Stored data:
══════

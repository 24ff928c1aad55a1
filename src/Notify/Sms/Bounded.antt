-- ===== src/Notify/Sms/Bounded.antt =====
-- How long a text message is.
use wachd.Base.{
  ℕ, ◌+◌, ◌-◌, ◌≤◌, false, List, ◌++◌, length, length-append, is_nil, Option, some, leb, ◌≡◌, refl,
  arith, Bool-cases, inl, inr, ◌⊎◌,
}
use wachd.Password.{codes}
use wachd.Notify.Text.{trim_space, truncate_runes, length-truncate_runes}
use wachd.Notify.Sms.{
  SimilarIncident, build_message, similar_suffix, fit_suffix, build_message_with_similar, sms_body,
  title_or,
}

joined_length :
    (a b c d e : List ℕ)
    → length (a ++ b ++ c ++ d ++ e) ≡ length a + length b + length c + length d + length e
joined_length a b c d e = omega (
  arith,
  length-append a b,
  length-append (a ++ b) c,
  length-append (a ++ b ++ c) d,
  length-append (a ++ b ++ c ++ d) e,
)

similar_suffix_bounded :
    (s : SimilarIncident) → length s.percent ≤ 4 → length (similar_suffix s) ≤ 52
unfolding similar_suffix
similar_suffix_bounded s percent =
    let title = title_or (trim_space s.title) (codes "past incident") in
    let short : length (truncate_runes title 34) ≤ 34 = length-truncate_runes title 34 in
    go (truncate_runes title 34) short
  where
    go :
        (t : List ℕ)
        → length t ≤ 34
        → length (codes " Similar: " ++ t ++ codes " (" ++ s.percent ++ codes ").") ≤ 52
    go t short =
        omega (arith, joined_length (codes " Similar: ") t (codes " (") s.percent (codes ")."))

fit_suffix-Fits :
    (base suffix : List ℕ)
    → length suffix ≤ 52
    → (length (fit_suffix base suffix) ≤ 160)
      × ((front : List ℕ) × (fit_suffix base suffix ≡ front ++ suffix)
          × ((front ≡ base) ⊎ (front ≡ truncate_runes base (160 - length suffix))))
unfolding fit_suffix
fit_suffix-Fits base suffix short = elim (Bool-cases (leb (length base + length suffix) 160)) [
  | inl fits ↦ rw fits (ground (arith, length-append base suffix), (base, refl, inl refl))
  | inr long ↦
      let room : leb 160 (length suffix) ≡ false = ground arith in
      let cut = truncate_runes base (160 - length suffix) in
      rw (long, room)
        (
          omega (arith, length-append cut suffix, length-truncate_runes base (160 - length suffix)),
          (cut, refl, inr refl),
        )
]

-- A text message with a similar incident has at most 160 runes, and ends with the whole sentence on the similar
-- incident; in front of it stands the plain message, cut where it is too long. A percentage has at most four
-- runes.
pub sms_body-Fits :
    (upper : List ℕ → List ℕ) (phone severity title : List ℕ) (cause : Option (List ℕ))
    (s : SimilarIncident)
    → is_nil phone ≡ false
    → length s.percent ≤ 4
    → (body : List ℕ) × (sms_body upper (some phone) severity title cause (some s) ≡ some body)
      × (length body ≤ 160)
      × ((front : List ℕ) × (body ≡ front ++ similar_suffix s)
          × ((front ≡ build_message upper severity title cause)
              ⊎ (front
                  ≡ truncate_runes
                      (build_message upper severity title cause)
                      (160 - length (similar_suffix s)))))
unfolding sms_body build_message_with_similar
sms_body-Fits upper phone severity title cause s given percent =
    let base = build_message upper severity title cause in
    let (bounded, ends) =
      fit_suffix-Fits base (similar_suffix s) (similar_suffix_bounded s percent) in
    (fit_suffix base (similar_suffix s), rw given refl, bounded, ends)
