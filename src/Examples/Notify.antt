-- ===== src/Examples/Notify.antt =====
-- An alert with a long title, and what is told of it.
use wachd.Base.{ℕ, ◌-◌, ◌≤◌, List, [], ◌++◌, length, ltb, none, some, ◌≡◌, ◌⊎◌, refl, arith, true}
use wachd.Password.{codes, repeat}
use wachd.Notify.Text.{truncate_runes}
use wachd.Notify.Sms.{SimilarIncident, build_message, similar_suffix, sms_body}
use wachd.Notify.Sms.Bounded.{sms_body-Fits}

abbrev similar : SimilarIncident
similar = record {
  title = codes " Payments down ";
  percent = codes "87%";
  resolution = codes "Restarted the pool";
  url = [];
  fired_on = none;
}

abbrev long_title : List ℕ
long_title = repeat 200 0x61

abbrev same_case : List ℕ → List ℕ
same_case text = text

sms_body-Fits_example :
    (body : List ℕ) × (sms_body same_case
        (some (codes "+49"))
        (codes "HIGH")
        long_title
        none
        (some similar)
      ≡ some body)
    × (length body ≤ 160)
    × ((front : List ℕ) × (body ≡ front ++ similar_suffix similar)
        × ((front ≡ build_message same_case (codes "HIGH") long_title none)
            ⊎ (front
                ≡ truncate_runes
                    (build_message same_case (codes "HIGH") long_title none)
                    (160 - length (similar_suffix similar)))))
sms_body-Fits_example =
    sms_body-Fits same_case (codes "+49") (codes "HIGH") long_title none similar refl (omega arith)

-- Without a similar incident the message is as long as the title makes it.
plain_message_unbounded :
    ltb 160 (length (build_message same_case (codes "HIGH") long_title none)) ≡ true
unfolding build_message
plain_message_unbounded = refl
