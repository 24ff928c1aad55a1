-- ===== src/Oncall/Layers/Order.antt =====
-- What sorting the layers does: the same layers, in notification order, ties left in place.
use mathlib.Core.List.{Perm}
use wachd.Base.{Bool, true, false, List, ◌≡◌, arith, All, any, ◌⊎◌}
use wachd.Oncall.Types.{Layer}
use wachd.Oncall.Layers.{layer_before, sorted_layers}
use wachd.Table.Order.{
  IsOrdered, order_by-perm, order_by-IsOrdered, All-order_by, any-order_by, ties_with, ties,
  ties-order_by,
}

layer_before_asymm : (a b : Layer) → layer_before a b ≡ true → layer_before b a ≡ false
unfolding layer_before
layer_before_asymm a b h = ground arith

-- "Does not go before" is transitive.
layer_before_weak :
    (a b c : Layer) → layer_before a b ≡ false → layer_before b c ≡ false → layer_before a c ≡ false
unfolding layer_before
layer_before_weak a b c h k = ground arith

one_tie :
    (a x y : Layer)
    → layer_before y x ≡ true
    → (ties_with layer_before a x ≡ false) ⊎ (ties_with layer_before a y ≡ false)
unfolding layer_before
one_tie a x y h = ground arith

pub All-sorted_layers {κ} :
    (P : Layer → Type κ) (l : List Layer) → All P l → All P (sorted_layers l)
unfolding sorted_layers
All-sorted_layers P l all = All-order_by layer_before P l all

pub any-sorted_layers : (p : Layer → Bool) (l : List Layer) → any p (sorted_layers l) ≡ any p l
unfolding sorted_layers
any-sorted_layers p l = any-order_by layer_before p l

-- Sorting keeps the layers, each as often as it was given; in the result no layer goes before one that
-- stands in front of it; and the layers that tie with any given layer stand as they stood.
pub sorted_layers_lem :
    (l : List Layer) (a : Layer)
    → Perm (sorted_layers l) l
      × IsOrdered layer_before (sorted_layers l)
      × (ties layer_before a (sorted_layers l) ≡ ties layer_before a l)
unfolding sorted_layers
sorted_layers_lem l a = (
  order_by-perm layer_before l,
  order_by-IsOrdered layer_before layer_before_asymm layer_before_weak l,
  ties-order_by layer_before layer_before_asymm layer_before_weak one_tie a l,
)
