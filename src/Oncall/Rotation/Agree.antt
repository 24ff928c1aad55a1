-- ===== src/Oncall/Rotation/Agree.antt =====
-- The two views of a rotation agree: the timeline of all layers, and the one person on call.
use wachd.Base.{
  ℕ, zero, suc, ◌%◌, ◌/◌, ◌≡◌, ◌≢◌, true, false, List, [], ◌∷◌, some, length, get_elem?, All, ◌==◌,
  if◌then◌else◌, ok, >>=-eq-ok, arith, inl, inr, ◌⊎◌, subst, is_nil, Option-cases,
}
use wachd.Oncall.Layers.Order.{All-sorted_layers}
use wachd.GoTime.{Time}
use wachd.Oncall.Types.{Uuid, uuid_nil, Layer, LayeredRotation, LayerResult}
use wachd.Oncall.Rotation.{
  member_in_slot, is_covered, layer_member, first_active, layer_result, layer_results,
  resolve_layered_rotation, resolve_all_layers_at, sorted_layers, resolve_rotation_user_id,
  Schedule,
}

-- The first user of the results, uuid.Nil if there is none.
abbrev pub first_user : List LayerResult → Uuid
first_user [] = uuid_nil
first_user (r ∷ rs) = let rest = first_user rs in if r.user_id == 0 then rest else r.user_id

-- No member of the layer is uuid.Nil.
abbrev pub HasUsers : Layer → Type 0
HasUsers layer = All (λ u. u ≢ uuid_nil) layer.members

get_elem?-All :
    (P : Uuid → Type 0) (us : List Uuid) (i : ℕ) {u : Uuid}
    → All P us
    → get_elem? us i ≡ some u
    → P u
get_elem?-All P [] i all e = cc
get_elem?-All P (x ∷ us) zero all e = subst P (cc) all.0
get_elem?-All P (x ∷ us) (suc i) all e = get_elem?-All P us i all.1 e

member_in_slot-ne-nil :
    (elapsed interval : ℕ) (us : List Uuid) {u : Uuid}
    → All (λ v. v ≢ uuid_nil) us
    → member_in_slot elapsed interval us ≡ ok u
    → u ≢ uuid_nil
unfolding member_in_slot
member_in_slot-ne-nil elapsed interval us all e =
    get_elem?-All _ us (elapsed / interval % length us) all (ground arith)

module _ (rot : LayeredRotation) (t : Time) where
  -- A layer's result: its member if the layer is covered, and uuid.Nil if it is not.
  layer_result_cases :
      (layer : Layer) {r : LayerResult}
      → layer_result rot t layer ≡ ok r
      → (is_covered layer t ≡ true) × (layer_member rot t layer ≡ ok r.user_id)
        ⊎ (is_covered layer t ≡ false) × (r.user_id ≡ uuid_nil)
  unfolding layer_result
  layer_result_cases layer e = ground arith

  member_ne_nil :
      (layer : Layer) {u : Uuid} → HasUsers layer → layer_member rot t layer ≡ ok u → u ≢ uuid_nil
  unfolding layer_member
  member_ne_nil layer all e = member_in_slot-ne-nil _ _ layer.members all e

  first_active-first_user :
      (layers : List Layer) {rs : List LayerResult}
      → All HasUsers layers
      → layer_results rot t layers ≡ ok rs
      → first_active rot t layers ≡ ok (first_user rs)
  unfolding layer_results first_active
  first_active-first_user [] all e = ground arith
  first_active-first_user (layer ∷ layers) {rs} all e =
      let (r, e1, e2) = >>=-eq-ok (layer_result rot t layer) _ e in
      let (rs', e3, e4) = >>=-eq-ok (layer_results rot t layers) _ e2 in
      let ih = first_active-first_user layers all.1 e3 in
      elim (layer_result_cases layer e1) [
        | inl (c, m) ↦ ground (arith, member_ne_nil layer all.0 m)
        | inr (c, z) ↦ ground arith
      ]

-- A layered configuration has layers, and no layer lists uuid.Nil as a member.
abbrev pub IsStaffed : LayeredRotation → Type 0
IsStaffed rot = (is_nil rot.layers ≡ false) × All HasUsers rot.layers

layered-first_user :
    (rot : LayeredRotation) (t : Time) {rs : List LayerResult}
    → IsStaffed rot
    → layer_results rot t (sorted_layers rot.layers) ≡ ok rs
    → resolve_layered_rotation rot t ≡ ok (first_user rs)
unfolding resolve_layered_rotation
layered-first_user rot t staffed e = rw staffed.0 (
    first_active-first_user rot t (sorted_layers rot.layers)
      (All-sorted_layers HasUsers rot.layers staffed.1) e)

-- Whoever the schedule's single on-call lookup names is the first user in the list of all layers'
-- coverage at that time, for both rotation formats: whenever that list can be computed, the lookup
-- succeeds too. A layered rotation must have a layer and no uuid.Nil member.
pub resolve_rotation_user_id-first_user :
    (schedule : Schedule) (t : Time) {rs : List LayerResult}
    → ((rot : LayeredRotation) → schedule.rotation_config.layered ≡ some rot → IsStaffed rot)
    → resolve_all_layers_at schedule.rotation_config t ≡ ok rs
    → resolve_rotation_user_id schedule t ≡ ok (first_user rs)
unfolding resolve_all_layers_at resolve_rotation_user_id
resolve_rotation_user_id-first_user schedule t {rs} staffed e =
    elim (Option-cases schedule.rotation_config.layered) [
      | inl absent ↦ ground arith
      | inr (rot, found) ↦ ground (arith, layered-first_user rot t {rs = rs} (staffed rot found))
    ]
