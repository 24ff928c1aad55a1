-- ===== src/Oncall/Rotation/Safety.antt =====
-- When resolving a rotation panics: an index out of range never happens, and a division by zero
-- exactly for an interval below a nanosecond.
use native.Mathlib.Nat.{mod-lt}
use native.Mathlib.Decide.{ℕ_discrete}
use wachd.Base.{
  ℕ, ◌%◌, ◌/◌, ◌≡◌, ◌≢◌, refl, true, false, List, [], ◌∷◌, length, get_elem?_total, any, is_nil,
  if◌then◌else◌, ok, err, arith, Bool-cases, inl, inr, ◌↔◌, Bool,
}
use wachd.Oncall.Layers.Order.{any-sorted_layers}
use wachd.GoTime.{Time}
use wachd.Oncall.Types.{Uuid, Layer, LayeredRotation, divide_by_zero}
use wachd.Oncall.Rotation.{
  interval_of, member_in_slot, is_covered, layer_member, first_active, elapsed_at,
  resolve_layered_rotation, index_out_of_range, sorted_layers,
}

member_in_slot_total :
    (elapsed interval : ℕ) (us : List Uuid)
    → is_nil us ≡ false
    → interval ≢ 0
    → (u : Uuid) × (member_in_slot elapsed interval us ≡ ok u)
unfolding member_in_slot
member_in_slot_total elapsed interval [] some_user h = cc
member_in_slot_total elapsed interval (x ∷ us) some_user h =
    let (u, e) =
      get_elem?_total (x ∷ us) (elapsed / interval % length (x ∷ us))
        (mod-lt (elapsed / interval) (omega arith)) in
    (u, ground arith)

module _ (rot : LayeredRotation) (t : Time) where
  covered_has_members : (layer : Layer) → is_covered layer t ≡ true → is_nil layer.members ≡ false
  unfolding is_covered
  covered_has_members layer c = ground arith

  first_active_ok :
      (layers : List Layer) → interval_of rot ≢ 0 → (u : Uuid) × (first_active rot t layers ≡ ok u)
  unfolding first_active layer_member
  first_active_ok [] h = (0, refl)
  first_active_ok (layer ∷ layers) h = elim (Bool-cases (is_covered layer t)) [
    | inl c ↦
        let (u, e) =
          member_in_slot_total (elapsed_at rot t) (interval_of rot) layer.members
            (covered_has_members layer c) h in
        (u, rw c e)
    | inr c ↦ let (u, e) = first_active_ok layers h in (u, rw c e)
  ]

  first_active_zero :
      (layers : List Layer)
      → interval_of rot ≡ 0
      → first_active rot t layers
        ≡ (if any (λ l. is_covered l t) layers then err divide_by_zero else ok 0)
  unfolding first_active layer_member member_in_slot
  first_active_zero [] h = refl
  first_active_zero (layer ∷ layers) h = ground (arith, first_active_zero layers h)

any_of_nil : (p : Layer → Bool) (l : List Layer) → is_nil l ≡ true → any p l ≡ false
any_of_nil p [] h = refl
any_of_nil p (x ∷ xs) h = cc

module _ (rot : LayeredRotation) (t : Time) where
  -- The panics of resolving a rotation: a division by zero exactly when the interval, rounded and cut, comes to
  -- no whole nanosecond and a layer is active; an index out of range never.
  abbrev pub PanicsByInterval : Type 0
  PanicsByInterval =
      ((resolve_layered_rotation rot t ≡ err divide_by_zero)
        ↔ ((interval_of rot ≡ 0) × (any (λ l. is_covered l t) rot.layers ≡ true)))
      × (resolve_layered_rotation rot t ≢ err index_out_of_range)

  panics_at_zero : interval_of rot ≡ 0 → PanicsByInterval
  unfolding resolve_layered_rotation
  panics_at_zero z = ground (
    arith,
    first_active_zero rot t (sorted_layers rot.layers) z,
    any-sorted_layers (λ l. is_covered l t) rot.layers,
    any_of_nil (λ l. is_covered l t) rot.layers,
  )

  no_panic_above_zero : interval_of rot ≢ 0 → PanicsByInterval
  unfolding resolve_layered_rotation
  no_panic_above_zero nz =
      let (u, e) = first_active_ok rot t (sorted_layers rot.layers) nz in ground arith

-- Resolving a layered rotation panics by a division by zero exactly when the rotation interval, as the
-- product of float64 values rounds it, is cut to no whole nanosecond and some layer is active at the time; it
-- never indexes the members out of range.
pub resolve_layered_rotation-PanicsByInterval :
    (rot : LayeredRotation) (t : Time) → PanicsByInterval rot t
resolve_layered_rotation-PanicsByInterval rot t = elim (ℕ_discrete (interval_of rot) 0) [
  | yes z ↦ panics_at_zero rot t z
  | no nz ↦ no_panic_above_zero rot t nz
]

══════

## Task objective
Give back the opening line of the records above and every line after it, up to and including the one with "let title = title_or", unchanged.

## Solution for this problem
repository 24ff928c1aad55a1
filename src/Notify/Sms/Bounded.antt
-- ===== src/Notify/Sms/Bounded.antt =====
-- How long a text message is.
use wachd.Base.{
  ℕ, ◌+◌, ◌-◌, ◌≤◌, false, List, ◌++◌, length, length-append, is_nil, Option, some, leb, ◌≡◌, refl,
  arith, Bool-cases, inl, inr, ◌⊎◌,
}
use wachd.Password.{codes}
use wachd.Notify.Text.{trim_space, truncate_runes, length-truncate_runes}
use wachd.Notify.Sms.{
  SimilarIncident, build_message, similar_suffix, fit_suffix, build_message_with_similar, sms_body,
  title_or,
}

joined_length :
    (a b c d e : List ℕ)
    → length (a ++ b ++ c ++ d ++ e) ≡ length a + length b + length c + length d + length e
joined_length a b c d e = omega (
  arith,
  length-append a b,
  length-append (a ++ b) c,
  length-append (a ++ b ++ c) d,
  length-append (a ++ b ++ c ++ d) e,
)

similar_suffix_bounded :
    (s : SimilarIncident) → length s.percent ≤ 4 → length (similar_suffix s) ≤ 52
unfolding similar_suffix
similar_suffix_bounded s percent =
    let title = title_or (trim_space s.title) (codes "past incident") in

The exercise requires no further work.